しかしながら、公害により失われた生命、健康は、事後的な救済によって取り戻せるものではなく、公害による被害を発生させないような十分な対策を定める法律や条例の制定を求める気運が高まっていった。他方では、こうした観点から、裁判の上でも、交通施設の新設や地域開発に伴う公害や自然破壊を懸念し、これら事業の差し止めを求める訴訟も数多く提訴されたが、これまでの訴訟では、例えば、差し止め請求自体が不適法として却下されたり、請求権は認められても、要件を極めて厳格に解し、生活妨害、睡眠妨害等の身体的被害を伴わない日常生活上の被害では足らないとして請求が棄却されたりして住民側の敗訴に終わっている。
このような状況も一つの要因となり、環境破壊の未然防止は、住民が個人的な権利の侵害を予防するために起こす個々の訴訟行為によるのではなく、環境破壊を防ぐための事前調査を行ったり、その結果を事業決定に当たって考慮するなどを内容とする環境影響評価をもって行うべきとの認識が高まり、その制度化が求められるようになった。
以上のとおり、環境法制度の充実、強化に与えた住民運動の影響は極めて大きなものがあったと言えよう。

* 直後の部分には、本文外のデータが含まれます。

-- ===== src/Store/Queue/Settled.antt =====
-- crates/gmr-store/src/sqlite/queue.rs, settle: what is settled is leased no more.
use gmr.Support.{ℕ, [], ◌∷◌, none, some, leb, ◌≡◌, refl, ap, sym, ◌∙◌, arith, Bool-cases, inl, inr}
use gmr.Support.Text.{Text, text_eq_iff}
use gmr.Store.Queue.{Ticket, Disposition, retire, reschedule, backoff, Queue, is_of, lease, settle}
use gmr.Store.Queue.Leases.{lease_end}

pub settle-released :
    (ticket : Ticket) (disposition : Disposition) (now : ℕ) (q : Queue)
    → lease_end ticket.anchor (settle ticket disposition now q) ≡ 0
unfolding settle lease_end
settle-released ticket d now [] = refl
settle-released ticket retire now (slot ∷ q) = ground (arith, settle-released ticket retire now q)
settle-released ticket (reschedule n) now (slot ∷ q) =
    ground (arith, settle-released ticket (reschedule n) now q)
settle-released ticket (backoff n) now (slot ∷ q) =
    ground (arith, settle-released ticket (backoff n) now q)

pub settle-keeps_released :
    (a : Text) (ticket : Ticket) (d : Disposition) (now : ℕ) (q : Queue)
    → lease_end a q ≡ 0
    → lease_end a (settle ticket d now q) ≡ 0
unfolding settle lease_end
settle-keeps_released a ticket d now [] h = refl
settle-keeps_released a ticket retire now (slot ∷ q) h =
    ground (arith, settle-keeps_released a ticket retire now q)
settle-keeps_released a ticket (reschedule n) now (slot ∷ q) h =
    ground (arith, settle-keeps_released a ticket (reschedule n) now q)
settle-keeps_released a ticket (backoff n) now (slot ∷ q) h =
    ground (arith, settle-keeps_released a ticket (backoff n) now q)

-- A lease that is not given leaves the queue.
pub lease-none :
    (a : Text) (now until : ℕ) (q : Queue)
    → (lease a now until q).0 ≡ none
    → (lease a now until q).1 ≡ q
unfolding lease
lease-none a now until [] h = refl
lease-none a now until (slot ∷ q) h = elim (Bool-cases (is_of a slot)) [
  | inl e ↦ elim (Bool-cases (leb slot.lease_until now)) [
    | inl l ↦ let k = rw (lease, e, l) at h in cc
    | inr l ↦ rw (lease, e, l) refl
  ]
  | inr e ↦
      let rest = lease-none a now until q (rw (lease, e) at h) in
      rw (lease, e) (ap (λ (x : Queue). slot ∷ x) rest)
]

pub lease-anchor :
    (a : Text) (now until : ℕ) (q : Queue) (ticket : Ticket)
    → (lease a now until q).0 ≡ some ticket
    → ticket.anchor ≡ a
unfolding lease
lease-anchor a now until [] ticket h = cc
lease-anchor a now until (slot ∷ q) ticket h = elim (Bool-cases (is_of a slot)) [
  | inl e ↦ elim (Bool-cases (leb slot.lease_until now)) [
    | inl l ↦
        let k = rw (lease, e, l) at h in
        let same : slot.anchor ≡ ticket.anchor = cc in sym same ∙ (text_eq_iff slot.anchor a).0 e
    | inr l ↦ let k = rw (lease, e, l) at h in cc
  ]
  | inr e ↦ lease-anchor a now until q ticket (rw (lease, e) at h)
]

なお、現在でも、公害を発生させた企業に対する反対運動、あるいは行政に対して政策転換を要求する運動のほか、リサイクル運動、ナショナルトラスト運動、生活排水対策を推進する運動など、自らの生活の在り方を反省して環境に負荷をかけない新しい生き方を求めていく運動が各地に見られ、環境保全に係る市民運動は、多様な展開を見せている。公害がなくなり、被害の補償や権利の回復のための運動の必要がなくなって、これに費やされている市民の力が積極的に環境を改善していく運動にますます振り向けられるような社会状況が、今後に創出されるならば、持続可能な社会を作る上で一層有意義なことと言えよう。